[Available records — start]

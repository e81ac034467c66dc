-- ===== src/Simulation/Departures.antt =====
-- `WorldCmd_TryToDespawnPlayerCharacter`, `WorldCmd_TryToUpdatePlayerMovement`
-- (src/NECROWorld/Server/Simulation/WorldCmds/PlayerWorldCmds.cpp) and `SavePlayerOnDatabase`
-- (WorldSimulation.cpp) on a valid simulation.
use necro_mmo.Common.{
  ℕ, ◌≡◌, refl, ap, ◌∙◌, ◌≢◌, Option, none, some, ◌==◌, if◌then◌else◌, arith, Bool, Bool-cases,
  Option-cases, inl, inr, ==→eq, ==_self, true, false,
}
use necro_mmo.Common.Dict.{lookup, insert, erase, lookup-erase_self}
use necro_mmo.Entity.{Entity}
use necro_mmo.Zone.{Zone}
use necro_mmo.Zone.Moves.{remove_entity_from_zone}
use necro_mmo.Zone.Safety.{remove_entity_from_zone-IsValid}
use necro_mmo.Simulation.{Simulation, Pointer, put_zone, target, unregister_player}
use necro_mmo.Simulation.Registry.{Agree-ext, Agree-leave, with_owner}
use necro_mmo.Simulation.Invariant.{
  IsValid, owner, owner_in, who_in, who_in-changed, zones_valid-insert,
}
use necro_mmo.Simulation.Commands.{try_to_despawn, despawn_entity, leave_zone}

owner_some :
    (o : Option Entity) (c : ℕ) → owner o ≡ some c → (e : Entity) × (o ≡ some e) × (e.char_id ≡ c)
owner_some none c h = cc
owner_some (some e) c h = (e, refl, cc)

owner_in-some :
    (o : Option Zone) (g c : ℕ)
    → owner_in o g ≡ some c
    → (z : Zone) × (e : Entity) × (o ≡ some z) × (lookup g z.entities ≡ some e) × (e.char_id ≡ c)
owner_in-some none g c h = cc
owner_in-some (some z) g c h =
    let (e, found, k) = owner_some (lookup g z.entities) c h in (z, e, refl, found, k)

-- Where the pointer of a registered player leads.
pub record Player (s : Simulation) (g : ℕ) (p : Pointer) : Type 0 where
  pub zone : Zone
  pub entity : Entity
  pub named : p.guid ≡ g
  pub zone_known : lookup p.in_zone s.zones ≡ some zone
  pub known : lookup g zone.entities ≡ some entity
  pub listed : lookup entity.char_id s.char_id_to_guid ≡ some g
  pub own : entity.guid ≡ g
  pub home : entity.current_zone ≡ some p.in_zone

-- A registered player's pointer leads to its entity, which knows its guid, its zone and a character
-- that is listed under the guid.
pub registered-Player :
    (s : Simulation) (g : ℕ) (p : Pointer) → IsValid s → lookup g s.players ≡ some p → Player s g p
registered-Player s g p h k =
    let (c, named, w, kc) = h.agree.registered g p k in
    let (z, e, kz, ke, character) = owner_in-some (lookup p.in_zone s.zones) g c w in
    let (v, id) = h.zones_valid p.in_zone z kz in
    let l = v.located g e ke in
    record {
      zone = z;
      entity = e;
      named = named;
      zone_known = kz;
      known = ke;
      listed = ap (λ x. lookup x s.char_id_to_guid) character ∙ kc;
      own = l.own;
      home = l.home ∙ ap (λ x. some x) id;
    }

pub target_lem :
    (s : Simulation) (g : ℕ) (p : Pointer) (x : Player s g p) → target p s ≡ some x.entity
target_lem s g p x =
    rw (x.zone_known, target) (ap (λ k. lookup k x.zone.entities) x.named ∙ x.known)

unregistered : ℕ → ℕ → Simulation → Simulation
unregistered g c s = record s {
  char_id_to_guid = erase c s.char_id_to_guid;
  players = erase g s.players;
}

unregister_player_lem :
    (k g c : ℕ) (s : Simulation)
    → k ≡ g
    → lookup c s.char_id_to_guid ≡ some g
    → unregister_player k c s ≡ (unregistered g c s, true)
unfolding unregister_player unregistered
unregister_player_lem k g c s e known = rw (known, unregister_player) (rw (e, ==_self g))

leave_zone_lem :
    (o : Option ℕ) (id g : ℕ) (z z' : Zone) (found : Bool) (s : Simulation)
    → o ≡ some id
    → lookup id s.zones ≡ some z
    → remove_entity_from_zone g z ≡ some (z', found)
    → leave_zone o g s ≡ some (put_zone id z' s, true)
unfolding leave_zone
leave_zone_lem o id g z z' found s e known left = rw (e, leave_zone, known, left)

despawn_entity_lem :
    (g id : ℕ) (e : Entity) (z z' : Zone) (found : Bool) (s : Simulation)
    → e.guid ≡ g
    → lookup e.char_id s.char_id_to_guid ≡ some g
    → e.current_zone ≡ some id
    → lookup id s.zones ≡ some z
    → remove_entity_from_zone g z ≡ some (z', found)
    → despawn_entity g e s ≡ some (put_zone id z' (unregistered g e.char_id s), true)
unfolding despawn_entity unregistered
despawn_entity_lem g id e z z' found s own listed home known left =
    ap (λ r. if r.1 then leave_zone e.current_zone g r.0 else some (r.0, false))
      (unregister_player_lem e.guid g e.char_id s own listed)
    ∙ leave_zone_lem e.current_zone id g z z' found (unregistered g e.char_id s) home known left

-- A despawn on a valid simulation follows no dangling pointer and leaves it valid. After it nobody
-- is registered under the guid, no zone owns an entity under it, and everybody else is where they
-- were; it reports success exactly if the guid was registered.
pub try_to_despawn-IsValid :
    (g : ℕ) (s : Simulation)
    → IsValid s
    → (s' : Simulation) × (done : Bool) × (try_to_despawn g s ≡ some (s', done))
      × IsValid s'
      × (s'.next_guid ≡ s.next_guid)
      × (lookup g s'.players ≡ none)
      × ((i h : ℕ) → who_in s'.zones i h ≡ (if h == g then none else who_in s.zones i h))
      × (done ≡ true → lookup g s.players ≢ none)
      × (done ≡ false → s' ≡ s)
unfolding try_to_despawn unregistered
try_to_despawn-IsValid g s h = elim (Option-cases (lookup g s.players)) [
  | inl unknown ↦ (
    s,
    false,
    rw (unknown, try_to_despawn),
    h,
    refl,
    unknown,
    λ i k. nobody i k unknown,
    λ e. cc,
    λ e. refl,
  )
  | inr (p, known) ↦
      let x = registered-Player s g p h known in
      let (v, id) = h.zones_valid p.in_zone x.zone x.zone_known in
      let (z', found, e, v', id', gone, others, _, _) =
        remove_entity_from_zone-IsValid g x.zone v in
      let who_after =
        who_in-changed s.zones p.in_zone g x.zone z' none x.zone_known (ap owner gone) others in
      (
        record s {
          zones = insert p.in_zone z' s.zones;
          players = erase g s.players;
          char_id_to_guid = erase x.entity.char_id s.char_id_to_guid;
        },
        true,
        rw (known, try_to_despawn, target_lem s g p x)
            (despawn_entity_lem g p.in_zone x.entity x.zone z' found s x.own x.listed x.home
              x.zone_known e),
        record {
          zones_valid = zones_valid-insert s.zones p.in_zone z' h.zones_valid v' (id' ∙ id);
          agree = Agree-ext _ _ _ (who_in (insert p.in_zone z' s.zones)) s.next_guid who_after (
              Agree-leave s.players s.char_id_to_guid (who_in s.zones) s.next_guid p g
                x.entity.char_id h.agree known (owned p x) x.listed);
        },
        refl,
        lookup-erase_self g s.players h.agree.players_distinct,
        λ i k. who_after i k ∙ without p i k known,
        λ _ e'. cc (known, e'),
        λ e'. cc,
      )
]
  where
    owned : (p : Pointer) (x : Player s g p) → who_in s.zones p.in_zone g ≡ some x.entity.char_id
    owned p x = rw x.zone_known (ap owner x.known)

    without :
        (p : Pointer) (i k : ℕ)
        → lookup g s.players ≡ some p
        → with_owner p.in_zone g none (who_in s.zones) i k
          ≡ (if k == g then none else who_in s.zones i k)
    without p i k known = elim (Bool-cases (k == g)) [
      | inr other ↦ rw other (ground arith)
      | inl same ↦ elim (Option-cases (who_in s.zones i k)) [
        | inl absent ↦ rw (absent, same) (ground arith)
        | inr (c, w) ↦
            let (q, kq, ei) = h.agree.inhabited i k c w in
            let here : p.in_zone ≡ i = cc (==→eq k g same, kq, known, ei) in
            rw same (ground (arith, here))
      ]
    ]

    nobody :
        (i k : ℕ)
        → lookup g s.players ≡ none
        → who_in s.zones i k ≡ (if k == g then none else who_in s.zones i k)
    nobody i k unknown = elim (Bool-cases (k == g)) [
      | inr other ↦ rw other refl
      | inl same ↦ elim (Option-cases (who_in s.zones i k)) [
        | inl absent ↦ rw (absent, same) refl
        | inr (c, w) ↦
            let (q, kq, _) = h.agree.inhabited i k c w in absurd (cc (==→eq k g same, kq, unknown))
      ]
    ]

[Available records — finish]

What this task involves ▸
Copy out the range of lines above starting at the line with "let here : p.in_zone" and ending at the line with "rw other refl", exactly and including both.

Written solution ▸
            let here : p.in_zone ≡ i = cc (==→eq k g same, kq, known, ei) in
            rw same (ground (arith, here))
      ]
    ]

    nobody :
        (i k : ℕ)
        → lookup g s.players ≡ none
        → who_in s.zones i k ≡ (if k == g then none else who_in s.zones i k)
    nobody i k unknown = elim (Bool-cases (k == g)) [
      | inr other ↦ rw other refl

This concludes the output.